Deloitte study | A recession is not inevitable

Deloitte thinks a period of stagflation is more likely

Posted at 5:00 am

Richard Dufour

Richard Dufour
The press

Although a significant slowdown in economic growth is expected in Canada, and in particular in Quebec, from next year, Deloitte does not expect the country to slide back into recession.

“The battle is not lost yet,” says Mario Iacobacci, Partner, Economic Consulting Services, at Deloitte Canada. “It is possible to successfully bring down inflation without triggering a recession. »

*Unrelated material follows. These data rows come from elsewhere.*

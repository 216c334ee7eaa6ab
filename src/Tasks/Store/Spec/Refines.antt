-- ===== src/Tasks/Store/Spec/Refines.antt =====
-- The store's operations refine those of the map.
use rust_basics.Prelude.{◌≡◌, ◌∙◌, sym, ap, subst, some, List, [], ◌∷◌, ok, ok-inj}
use rust_basics.Valkey.{Server, IsServer, Json, return, ◌>>=◌, >>=-ok}
use rust_basics.Tasks.Domain.{Task}
use rust_basics.Tasks.Store as Store
use rust_basics.Tasks.Store.{index_key, task_key, delete_existing}
use rust_basics.Tasks.Store.Laws.{create_lem, get_task_lem}
use rust_basics.Tasks.Store.Listing.{iff_trans, list-Newest}
use rust_basics.Tasks.Store.Spec.{
  Op, create, get, delete, list, Answer, created, got, deleted, listed, TaskMap, update, step,
  Allowed, AllAllowed, after, perform, run, Represents,
}
use rust_basics.Tasks.Store.Spec.Entries.{stored-Represents, got_lem, Listed-iff}
use rust_basics.Tasks.Store.Spec.Deletion.{delete-is_there, delete-Represents}

module _ (r : Server) (law : IsServer r) (json : Json Task) where
  open r use {S}
  open law use {view}

  perform-Allowed :
      (op : Op) (s : S) (a : Answer) (m : TaskMap)
      → Represents r law json (view s) m
      → (perform r json op s).1 ≡ ok a
      → Allowed op a m × Represents r law json (view (perform r json op s).0) (step op m)
  perform-Allowed (create t) s a m h e =
      let (_, wrote, last, q) = >>=-ok (Store.create r json t) (λ _. return created) s e in
      let (raw, reads, kept_now) = create_lem r law json t s wrote in
      (
        sym (ok-inj last),
        rw q (
            subst (λ w. Represents r law json w (update t.id (some t) m)) (sym kept_now)
              (stored-Represents r law json t raw (view s) m reads h)),
      )
  perform-Allowed (get id) s a m h e =
      let (t, found, last, q) = >>=-ok (Store.get r json id) (λ t. return (got t)) s e in
      let (decoded, kept_now) = get_task_lem r law json id s t found in
      (
        sym (ok-inj last) ∙ ap got (got_lem r law json (view s) id (m id) t (h id) decoded),
        rw q (subst (λ w. Represents r law json w m) (sym kept_now) h),
      )
  perform-Allowed (delete id) s a m h e =
      let (b, done, last, q) = >>=-ok (Store.delete r json id) (λ b. return (deleted b)) s e in
      (
        sym (ok-inj last) ∙ ap deleted (delete-is_there r law json id s b (m id) (h id) done),
        rw q (delete-Represents r law json id s b m h done),
      )
  perform-Allowed list s a m h e =
      let (tasks, found, last, q) = >>=-ok (Store.list r json) (λ ts. return (listed ts)) s e in
      let (newest, has, kept_now) = list-Newest r law json s tasks found in
      (
        (
          tasks,
          sym (ok-inj last),
          newest,
          λ x. iff_trans (has x) (Listed-iff r law json (view s) m x h),
        ),
        rw q (subst (λ w. Represents r law json w m) (sym kept_now) h),
      )

  -- From contents that represent a map of ids to tasks, a run of creations, reads, deletions and
  -- listings that all succeed gives the answers that the map allows, step by step, and ends with
  -- contents that represent the map after the run.
  pub run-Represents :
      (ops : List Op) (s : S) (answers : List Answer) (m : TaskMap)
      → Represents r law json (view s) m
      → (run r json ops s).1 ≡ ok answers
      → AllAllowed ops answers m × Represents r law json (view (run r json ops s).0) (after ops m)
  unfolding run
  run-Represents [] s [] m h e = (tt, h)
  run-Represents [] s (a ∷ answers) m h e = cc
  run-Represents (op ∷ ops) s answers m h e =
      let (a, first, rest, q) =
        >>=-ok (perform r json op) (λ a. run r json ops >>= λ l. return (a ∷ l)) s e in
      let (l, more, last, p) =
        >>=-ok (run r json ops) (λ l. return (a ∷ l)) (perform r json op s).0 rest in
      let (allowed, here) = perform-Allowed op s a m h first in
      let (all, there) = run-Represents ops (perform r json op s).0 l (step op m) here more in
      (subst (λ l. AllAllowed (op ∷ ops) l m) (ok-inj last) (allowed, all), rw (q, p) there)
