-- ===== src/Tasks/Tests.antt =====
-- The task store's and the handlers' theorems at concrete runs, over a server in memory.
use rust_basics.Prelude.{◌≡◌, ◌≢◌, refl, ◌⊎◌, true, none, some, List, [], ◌∷◌, String, ok}
use rust_basics.Valkey as Valkey
use rust_basics.Valkey.Sample.{Memory, memory, contents, memory-IsServer}
use rust_basics.Kafka.{Broker}
use rust_basics.Tasks.Domain.{Task}
use rust_basics.Tasks.Store as Store
use rust_basics.Tasks.Store.Spec as Spec
use rust_basics.Tasks.Store.Spec.Refines.{run-Represents}
use rust_basics.Tasks.Handlers.{
  AppState, created, found, status, Outside, publish_created, fails, create, get_one,
}
use rust_basics.Tasks.Handlers.Replies.{create-answers, create-get_one}
use rust_basics.Tasks.Sample.{titles, empty, milk}

-- The memory that holds one task.
abbrev stocked : Memory
unfolding Store.create
stocked = (Store.create memory titles milk empty).0

-- A broker that keeps the topics of what it was sent.
abbrev topics : Broker
topics = record { B = List String; send = λ topic key payload b. (topic ∷ b, ok tt) }

abbrev outside : Outside
outside = record {
  server = memory;
  json = titles;
  broker = topics;
  canonical_reason = λ n. none;
  to_vec = λ e. ok [];
  as_bytes = λ s. [];
}

abbrev app : AppState
app = record { producer = record { default_topic = "tasks.events" }; topic = "" }

create-answers_example :
    let ((s', b'), reply) = create outside app "a" 7 (ok (record { title = "milk" })) empty [] in
    ((task : Task) × (reply ≡ created task)
      × (Task.id task ≡ "a")
      × (Task.title task ≢ "")
      × (Store.create memory titles task empty ≡ (s', ok tt))
      × (b' ≡ publish_created outside app task []))
    ⊎ ((status reply ≡ 400) × (s' ≡ empty) × (b' ≡ []))
    ⊎ ((status reply ≡ 500) × (b' ≡ []))
create-answers_example =
    create-answers outside memory-IsServer app "a" 7 (ok (record { title = "milk" })) empty []

create-get_one_example :
    let s = (create outside app "a" 7 (ok (record { title = "milk" })) empty []).0.0 in
    let reply = (get_one outside app "a" s).1 in
    (reply ≡ found milk) ⊎ (reply ≡ fails outside app 500 "could not load task")
unfolding create Store.create Valkey.set_json Valkey.set Valkey.set_add
create-get_one_example =
    create-get_one outside memory-IsServer app "a" 7 (ok (record { title = "milk" })) empty [] milk
      refl

abbrev a_run : List Spec.Op
a_run = Spec.create milk ∷ Spec.get "a" ∷ Spec.delete "a" ∷ Spec.list ∷ []

abbrev its_answers : List Spec.Answer
its_answers = Spec.created ∷ Spec.got (some milk) ∷ Spec.deleted true ∷ Spec.listed [] ∷ []

run-Represents_example :
    Spec.AllAllowed a_run its_answers (λ _. none)
    × Spec.Represents memory memory-IsServer titles
        (contents (Spec.run memory titles a_run empty).0)
        (Spec.after a_run (λ _. none))
unfolding Spec.run Store.create Store.get Store.delete Store.list Store.collect Store.sort_tasks
    Valkey.get_json Valkey.get Valkey.set_json Valkey.set Valkey.set_add Valkey.set_members
    Valkey.del Valkey.set_remove Store.insert_task
run-Represents_example =
    run-Represents memory memory-IsServer titles a_run empty its_answers (λ _. none)
      (λ id. (refl, refl)) refl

Mario Iacobacci, Partner, Business Advisory Services, at Deloitte Canada

The management of this financial advisory firm recognizes that this forecast of avoiding a recession may seem optimistic to some, and that’s a view that differs significantly from consensus.

The most likely scenario, according to Deloitte, is one in which growth slows but inflation cools only slowly. According to Deloitte, a phase of stagflation therefore seems more likely than a recession.

Canada’s gross domestic product (GDP) is expected to grow 3.3% this year before slowing to a pace of just 1.7% next year and 1.5% in 2024, according to a study published on Tuesday by Deloitte forecasters.

The document makes several arguments for resilience.

wealth of private households

In particular, Deloitte notes that Canadians have amassed more than $300 billion in savings during the pandemic, which is helping cushion the rising cost of living and keep Canadians spending.

Household wealth has also increased during the pandemic, she added. “Wealth gains should remain intact and even allow equity markets and house prices to correct. Labor markets in particular are likely to remain saturated during the coming economic downturn. The unemployment rate will remain low as more baby boomers retire. »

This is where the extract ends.